While machine learning models can perform fairly well in an ideal and deterministic environment that is free from anomalies, it was pragmatic and necessary to evaluate the performances of these models in scenarios where data might be missing due to equipment failure, data storage issues, or unreliable communication. Based on the results in this paper, all three models, i.e., HT, DNN, and RFR, show MSE and MAE values of under 11 and 2.6, respectively, when the percentage of missing data is progressively increased from 10% to 90%. Depending on the severity of the said factors, RFR was proven to be the optimal candidate, followed by HT and DNN, in extrapolating system status during non-steady-state operations.

Another critical component of a model’s capability, when deployed in a real-world environment, is its ability to evolve and adapt to unexpected data distribution changes and concept drifts.
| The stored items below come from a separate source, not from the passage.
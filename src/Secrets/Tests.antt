-- ===== src/Secrets/Tests.antt =====
-- Secrets of a small state.
use schematica_api.Common.{◌≡◌, refl, none, [], ◌∷◌, ◌++◌, print_nat}
use schematica_api.Database.{memory_client, memory_client-IsPrisma}
use schematica_api.Encryption.{decrypt, encrypt}
use schematica_api.Encryption.RoundTrip.{has_colon}
use schematica_api.Encryption.Clear.{clear, clear-IsCipher}
use schematica_api.Entities.{Secret}
use schematica_api.Events.{Done, audit}
use schematica_api.Exceptions.{ok}
use schematica_api.Samples.{alice, db}
use schematica_api.Secrets.{CreateSecretDto, SecretDto, dto_of, create, new_secret}
use schematica_api.Secrets.Storage.{decrypt-create}

abbrev dto : CreateSecretDto
dto = record { key = "API_KEY"; value = "secret"; description = none }

abbrev stored : Secret
stored = new_secret memory_client clear "v1" dto 7 "a1:ff:secret"

abbrev created_done : Done SecretDto
created_done = record {
  db = record db { secrets = stored ∷ [] };
  events = audit alice "SECRET_CREATED" "7" ∷ [];
  value = dto_of stored "secret";
}

created : create memory_client clear db "v1" dto alice 7 "a1" ≡ ok created_done
unfolding create encrypt has_colon print_nat
created = refl

decrypt-create_example :
    (s : Secret) × (dto_of stored "secret" ≡ dto_of s "secret")
    × ((created_done.db).secrets ≡ db.secrets ++ s ∷ [])
    × (decrypt clear s.value ≡ ok "secret")
unfolding has_colon
decrypt-create_example =
    decrypt-create memory_client memory_client-IsPrisma clear clear-IsCipher db "v1" dto alice 7
      "a1" created_done refl refl refl created
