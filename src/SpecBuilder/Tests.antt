-- ===== src/SpecBuilder/Tests.antt =====
-- A document built and read back.
use schematica_api.Common.{◌≡◌, refl, [], ◌∷◌, to_lower_case}
use schematica_api.Http.{is_valid_method}
use schematica_api.Json.{has_field}
use schematica_api.Reconciliation.Operations.{is_operation}
use schematica_api.Reconciliation.{reconcile}
use schematica_api.Samples.{alice, shop, item_endpoint}
use schematica_api.SpecBuilder.{build}
use schematica_api.SpecBuilder.RoundTrip.{reconcile-build}

reconcile-build_example :
    reconcile (item_endpoint ∷ []) (build shop (item_endpoint ∷ []) []) alice "p1" "T1"
    ≡ record { to_create = []; to_update = []; to_delete_ids = [] }
unfolding is_valid_method to_lower_case is_operation has_field
reconcile-build_example =
    reconcile-build shop (item_endpoint ∷ []) [] alice "p1" "T1" (tt, tt) ((refl, refl), tt)
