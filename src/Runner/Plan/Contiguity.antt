-- ===== src/Runner/Plan/Contiguity.antt =====
-- When the stories of the tasks are contiguous blocks.
use dc_ness.Base.{
  ℕ, ◌+◌, ◌≤◌, String, string_eq, true, false, List, [], ◌∷◌, ◌++◌, if◌then◌else◌, ◌==◌, mem, ◌≡◌,
  ◌↔◌, ◌⊎◌, refl, ◌∙◌, sym, ap, arith, Bool-cases, inl, inr, eq_iff, append-nil, append_assoc,
}
use dc_ness.Base.Dict.{Dict, lookup, put, lookup-put, IsUnique, put-IsUnique}
use dc_ness.Runner.Plan.{
  ImplTask, or_empty, story_indexes, is_consecutive, crossing_stories, contiguity_of,
  validate_story_contiguity, ok,
}

abbrev pub stories : List ImplTask → List String
stories [] = []
stories (t ∷ ts) = t.story ∷ stories ts

-- A story that is left does not come back.
abbrev pub IsContiguous : List ImplTask → Type 0
IsContiguous [] = Unit
IsContiguous (t ∷ []) = Unit
IsContiguous (t ∷ u ∷ ts) =
    ((t.story ≡ u.story) ⊎ (mem t.story (stories (u ∷ ts)) ≡ false)) × IsContiguous (u ∷ ts)

-- The indexes of a story's tasks, from an index on.
indexes_of : String → ℕ → List ImplTask → List ℕ
indexes_of s i [] = []
indexes_of s i (t ∷ ts) =
    let rest = indexes_of s (i + 1) ts in if t.story == s then i ∷ rest else rest

abbrev AreConsecutive : ℕ → List ImplTask → Type 0
AreConsecutive i ts = (s : String) → is_consecutive (indexes_of s i ts) ≡ true

story_indexes-lookup :
    (s : String) (i : ℕ) (ts : List ImplTask) (d : Dict String (List ℕ))
    → or_empty (lookup s (story_indexes i ts d)) ≡ or_empty (lookup s d) ++ indexes_of s i ts
unfolding story_indexes indexes_of
story_indexes-lookup s i [] d = sym (append-nil _)
story_indexes-lookup s i (t ∷ ts) d =
    story_indexes-lookup s (i + 1) ts (put t.story (or_empty (lookup t.story d) ++ i ∷ []) d)
    ∙ elim (Bool-cases (t.story == s)) [
      | inl e ↦
          rw
            (
              lookup-put t.story s (or_empty (lookup t.story d) ++ i ∷ []) d,
              e,
              (eq_iff t.story s).0 e,
            )
            (append_assoc (or_empty (lookup s d)) (i ∷ []) (indexes_of s (i + 1) ts))
      | inr e ↦ rw (lookup-put t.story s (or_empty (lookup t.story d) ++ i ∷ []) d, e) refl
    ]

story_indexes-IsUnique :
    (i : ℕ) (ts : List ImplTask) (d : Dict String (List ℕ))
    → IsUnique d
    → IsUnique (story_indexes i ts d)
unfolding story_indexes
story_indexes-IsUnique i [] d u = u
story_indexes-IsUnique i (t ∷ ts) d u =
    story_indexes-IsUnique (i + 1) ts (put t.story (or_empty (lookup t.story d) ++ i ∷ []) d)
      (put-IsUnique t.story (or_empty (lookup t.story d) ++ i ∷ []) d u)

contiguity_of-ok :
    (d : Dict String (List ℕ))
    → IsUnique d
    → (contiguity_of (crossing_stories d) ≡ ok tt)
      ↔ ((s : String) → is_consecutive (or_empty (lookup s d)) ≡ true)
unfolding crossing_stories lookup
contiguity_of-ok [] u = ((λ h s. refl), (λ h. refl))
contiguity_of-ok ((story, indexes) ∷ d) u =
    let rest = contiguity_of-ok d u.1 in
    elim (Bool-cases (is_consecutive indexes)) [
      | inl good ↦ (
        (λ h s. elim (Bool-cases (story == s)) [
          | inl e ↦ rw e good
          | inr e ↦ rw e (rest.0 (rw good at h) s)
        ]),
        (λ h. rw good (
            rest.1 (λ s. elim (Bool-cases (story == s)) [
              | inl e ↦ rw (← (eq_iff story s).0 e, u.0) refl
              | inr e ↦ rw e at (h s)
            ]))),
      )
      | inr bad ↦
          ((λ h. ground (arith, h, bad)), (λ h. ground (arith, h story, bad, eq_iff story story)))
    ]

is_consecutive-tail :
    (i : ℕ) (xs : List ℕ) → is_consecutive (i ∷ xs) ≡ true → is_consecutive xs ≡ true
unfolding is_consecutive
is_consecutive-tail i [] h = refl
is_consecutive-tail i (j ∷ xs) h = ground (arith, h)

indexes_of-absent :
    (s : String) (i : ℕ) (ts : List ImplTask) → mem s (stories ts) ≡ false → indexes_of s i ts ≡ []
unfolding indexes_of mem
indexes_of-absent s i [] h = refl
indexes_of-absent s i (t ∷ ts) h = ground (arith, h, indexes_of-absent s (i + 1) ts)

-- An index that is found is not below the first, and none is found only for an absent story.
indexes_of-bound :
    (s : String) (k i : ℕ) (ts : List ImplTask)
    → k ≤ i
    → (mem s (stories ts) ≡ false)
      ⊎ ((j : ℕ) × (js : List ℕ) × (indexes_of s i ts ≡ j ∷ js) × (k ≤ j))
unfolding indexes_of mem
indexes_of-bound s k i [] le = inl refl
indexes_of-bound s k i (t ∷ ts) le = elim (Bool-cases (t.story == s)) [
  | inl e ↦ rw e (inr (i, indexes_of s (i + 1) ts, refl, le))
  | inr e ↦ rw e (indexes_of-bound s k (i + 1) ts (omega arith))
]

AreConsecutive-tail :
    (i : ℕ) (t : ImplTask) (ts : List ImplTask)
    → AreConsecutive i (t ∷ ts)
    → AreConsecutive (i + 1) ts
unfolding indexes_of
AreConsecutive-tail i t ts h s = elim (Bool-cases (t.story == s)) [
  | inl e ↦ is_consecutive-tail i (indexes_of s (i + 1) ts) (rw e at (h s))
  | inr e ↦ rw e at (h s)
]

left-absent :
    (i : ℕ) (t u : ImplTask) (ts : List ImplTask)
    → AreConsecutive i (t ∷ u ∷ ts)
    → (u.story == t.story) ≡ false
    → mem t.story (stories (u ∷ ts)) ≡ false
unfolding indexes_of is_consecutive mem
left-absent i t u ts h other =
    elim (indexes_of-bound t.story (i + 1 + 1) (i + 1 + 1) ts (omega arith)) [
      | inl absent ↦ rw other absent
      | inr (j, js, found, le) ↦ ground (arith, h t.story, eq_iff t.story t.story, other, found, le)
    ]

AreConsecutive-IsContiguous : (i : ℕ) (ts : List ImplTask) → AreConsecutive i ts → IsContiguous ts
AreConsecutive-IsContiguous i [] h = tt
AreConsecutive-IsContiguous i (t ∷ []) h = tt
AreConsecutive-IsContiguous i (t ∷ u ∷ ts) h = (
  elim (Bool-cases (u.story == t.story)) [
    | inl e ↦ inl (sym ((eq_iff u.story t.story).0 e))
    | inr e ↦ inr (left-absent i t u ts h e)
  ],
  AreConsecutive-IsContiguous (i + 1) (u ∷ ts) (AreConsecutive-tail i t (u ∷ ts) h),
)

IsContiguous-AreConsecutive : (i : ℕ) (ts : List ImplTask) → IsContiguous ts → AreConsecutive i ts
unfolding indexes_of is_consecutive
IsContiguous-AreConsecutive i [] c s = refl
IsContiguous-AreConsecutive i (t ∷ []) c s = ground arith
IsContiguous-AreConsecutive i (t ∷ u ∷ ts) (inl same, c) s =
    ground (arith, IsContiguous-AreConsecutive (i + 1) (u ∷ ts) c s, ap (λ x. x == s) same)
IsContiguous-AreConsecutive i (t ∷ u ∷ ts) (inr absent, c) s = ground (
  arith,
  IsContiguous-AreConsecutive (i + 1) (u ∷ ts) c s,
  eq_iff t.story s,
  indexes_of-absent t.story (i + 1) (u ∷ ts) absent,
)

-- The check of the stories passes exactly when no story comes back once another one has begun.
pub validate_story_contiguity-IsContiguous :
    (tasks : List ImplTask) → (validate_story_contiguity tasks ≡ ok tt) ↔ IsContiguous tasks
unfolding validate_story_contiguity lookup
validate_story_contiguity-IsContiguous tasks =
    let passed =
      contiguity_of-ok (story_indexes 0 tasks []) (story_indexes-IsUnique 0 tasks [] tt) in
    (
      (λ h.
          AreConsecutive-IsContiguous 0 tasks
            (λ s. sym (ap is_consecutive (story_indexes-lookup s 0 tasks [])) ∙ passed.0 h s)),
      (λ h. passed.1 (λ s.
          ap is_consecutive (story_indexes-lookup s 0 tasks [])
          ∙ IsContiguous-AreConsecutive 0 tasks h s)),
    )
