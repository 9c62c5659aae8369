-- ===== src/Runner/Plan/Dependencies.antt =====
-- When the order of the tasks respects their dependencies.
use dc_ness.Base.{
  ℕ, ◌+◌, ◌≤◌, String, string_eq, Bool, true, false, ◌&&◌, Option, none, some, List, [], ◌∷◌, ◌++◌,
  if◌then◌else◌, ◌==◌, mem, All, ◌≡◌, ◌↔◌, refl, arith, Bool-cases, inl, inr,
}
use dc_ness.Base.Dict.{Dict, lookup, put, lookup-put}
use dc_ness.Runner.Plan.{
  ImplTask, positions, is_before, deps_of, late_deps, order_violations, order_of,
  validate_dependency_order, ok,
}

abbrev pub slugs : List ImplTask → List String
slugs [] = []
slugs (t ∷ ts) = t.slug ∷ slugs ts

-- No task has a dependency that is its own slug or that of a later task.
abbrev pub IsOrdered : List ImplTask → Type 0
IsOrdered [] = Unit
IsOrdered (t ∷ ts) = All (λ dep. mem dep (slugs (t ∷ ts)) ≡ false) (deps_of t) × IsOrdered ts

is_nil {ℓ} : {A : Type ℓ} → List A → Bool
is_nil [] = true
is_nil (x ∷ xs) = false

is_nil-append {ℓ} : {A : Type ℓ} (xs ys : List A) → is_nil (xs ++ ys) ≡ (is_nil xs && is_nil ys)
unfolding is_nil
is_nil-append [] ys = refl
is_nil-append (x ∷ xs) ys = refl

-- The index of the last task with the slug, or else an earlier one.
last_at : String → ℕ → List ImplTask → Option ℕ → Option ℕ
last_at s i [] o = o
last_at s i (t ∷ ts) o = last_at s (i + 1) ts (if t.slug == s then some i else o)

lookup-positions :
    (s : String) (i : ℕ) (ts : List ImplTask) (d : Dict String ℕ)
    → lookup s (positions i ts d) ≡ last_at s i ts (lookup s d)
unfolding positions last_at
lookup-positions s i [] d = refl
lookup-positions s i (t ∷ ts) d =
    rw (← lookup-put t.slug s i d) (lookup-positions s (i + 1) ts (put t.slug i d))

last_at-absent :
    (s : String) (i : ℕ) (ts : List ImplTask) (o : Option ℕ)
    → mem s (slugs ts) ≡ false
    → last_at s i ts o ≡ o
unfolding last_at mem
last_at-absent s i [] o h = refl
last_at-absent s i (t ∷ ts) o h = elim (Bool-cases (t.slug == s)) [
  | inl e ↦ ground (arith, h, e)
  | inr e ↦ rw e (last_at-absent s (i + 1) ts o (ground (arith, h, e)))
]

last_at-present :
    (s : String) (k i : ℕ) (ts : List ImplTask) (o : Option ℕ)
    → k ≤ i
    → mem s (slugs ts) ≡ true
    → is_before k (last_at s i ts o) ≡ false
unfolding last_at mem
last_at-present s k i [] o le h = ground (arith, h)
last_at-present s k i (t ∷ ts) o le h = elim (Bool-cases (mem s (slugs ts))) [
  | inl later ↦ last_at-present s k (i + 1) ts _ (omega arith) later
  | inr none_ ↦
      rw (last_at-absent s (i + 1) ts (if t.slug == s then some i else o) none_)
        (ground (arith, h, none_, le))
]

-- `d` has the positions of all tasks, and `o` those of the tasks before the index.
module _ (d : Dict String ℕ) where
  late_deps-nil :
      (k : ℕ) (t : ImplTask) (suf : List ImplTask) (o : String → Option ℕ) (deps : List String)
      → ((s : String) → is_before k (o s) ≡ true)
      → ((s : String) → lookup s d ≡ last_at s k suf (o s))
      → (is_nil (late_deps d k t deps) ≡ true) ↔ All (λ dep. mem dep (slugs suf) ≡ false) deps
  unfolding is_nil late_deps
  late_deps-nil k t suf o [] early known = ((λ h. tt), (λ h. refl))
  late_deps-nil k t suf o (dep ∷ deps) early known =
      let rest = late_deps-nil k t suf o deps early known in
      elim (Bool-cases (mem dep (slugs suf))) [
        | inl later ↦
            let late = last_at-present dep k k suf (o dep) (omega arith) later in
            ((λ h. ground (arith, h, known dep, late)), (λ h. ground (arith, h.0, later)))
        | inr none_ ↦
            let at_o = last_at-absent dep k suf (o dep) none_ in
            (
              (λ h. (none_, rest.0 (ground (arith, h, known dep, at_o, early dep)))),
              (λ h. ground (arith, rest.1 h.1, known dep, at_o, early dep)),
            )
      ]

  order_violations-nil :
      (k : ℕ) (suf : List ImplTask) (o : String → Option ℕ)
      → ((s : String) → is_before k (o s) ≡ true)
      → ((s : String) → lookup s d ≡ last_at s k suf (o s))
      → (is_nil (order_violations d k suf) ≡ true) ↔ IsOrdered suf
  unfolding is_nil order_violations last_at
  order_violations-nil k [] o early known = ((λ h. tt), (λ h. refl))
  order_violations-nil k (t ∷ ts) o early known =
      let here = late_deps-nil k t (t ∷ ts) o (deps_of t) early known in
      let rest =
        order_violations-nil (k + 1) ts (λ s. if t.slug == s then some k else o s)
          (λ s. ground (arith, early s)) known in
      let joined = is_nil-append (late_deps d k t (deps_of t)) (order_violations d (k + 1) ts) in
      (
        (λ h. (here.0 (ground (arith, h, joined)), rest.0 (ground (arith, h, joined)))),
        (λ h. ground (arith, joined, here.1 h.0, rest.1 h.1)),
      )

order_of-ok : (vs : List (String × String)) → (order_of vs ≡ ok tt) ↔ (is_nil vs ≡ true)
unfolding is_nil
order_of-ok [] = ((λ h. refl), (λ h. refl))
order_of-ok (v ∷ vs) = ((λ h. cc), (λ h. cc))

-- The check of the order of dependencies passes exactly when no task depends on its own slug or on
-- that of a later task; a slug that no task has does not count.
pub validate_dependency_order-IsOrdered :
    (tasks : List ImplTask) → (validate_dependency_order tasks ≡ ok tt) ↔ IsOrdered tasks
unfolding validate_dependency_order lookup
validate_dependency_order-IsOrdered tasks =
    let violations =
      order_violations-nil (positions 0 tasks []) 0 tasks (λ s. none) (λ s. refl)
        (λ s. lookup-positions s 0 tasks []) in
    let passed = order_of-ok (order_violations (positions 0 tasks []) 0 tasks) in
    ((λ h. violations.0 (passed.0 h)), (λ h. passed.1 (violations.1 h)))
From the experimental results, RFR achieved an MSE 0.0028 ms when trained and tested incrementally on streaming data, which makes it suitable for detecting faults in near-real time. Overall, the RFR model performed optimally and consistently under four different scenarios, indicating that the model can generalize and adapt to new, previously unseen, data without the risk of overfitting or underfitting.

5. Conclusions

A random forest regression (RFR)-based model was successfully implemented to identify the location and duration of faults. Various fault scenarios were modeled using PNNL’s GridPACK software for the generation of the training dataset. A total of nine fault scenarios was simulated by injecting faults on specific buses over a specified period of time. The RFR models were trained and evaluated within the context of four study cases: detecting fault location, predicting fault duration, handling missing data, and streaming data. A comparison was also conducted between the RFR model and several state-of-the-art models using multiple performance metrics, including accuracy, MSE, and processing time. Results indicate that both RFR and DNN models are capable of detecting the location and duration of a fault with an accuracy of 84% and 72%, respectively. The RFR, DNN, and HT models yielded better results when predicting faults in streaming networks. Overall, the RFR model consistently outperformed the other models, making it appropriate for real-time situational awareness deployments to determine both the location and duration of the faults while handling missing data. Further work will be devoted to assessing the model’s scalability with respect to large bus systems as well as further improving its accuracy.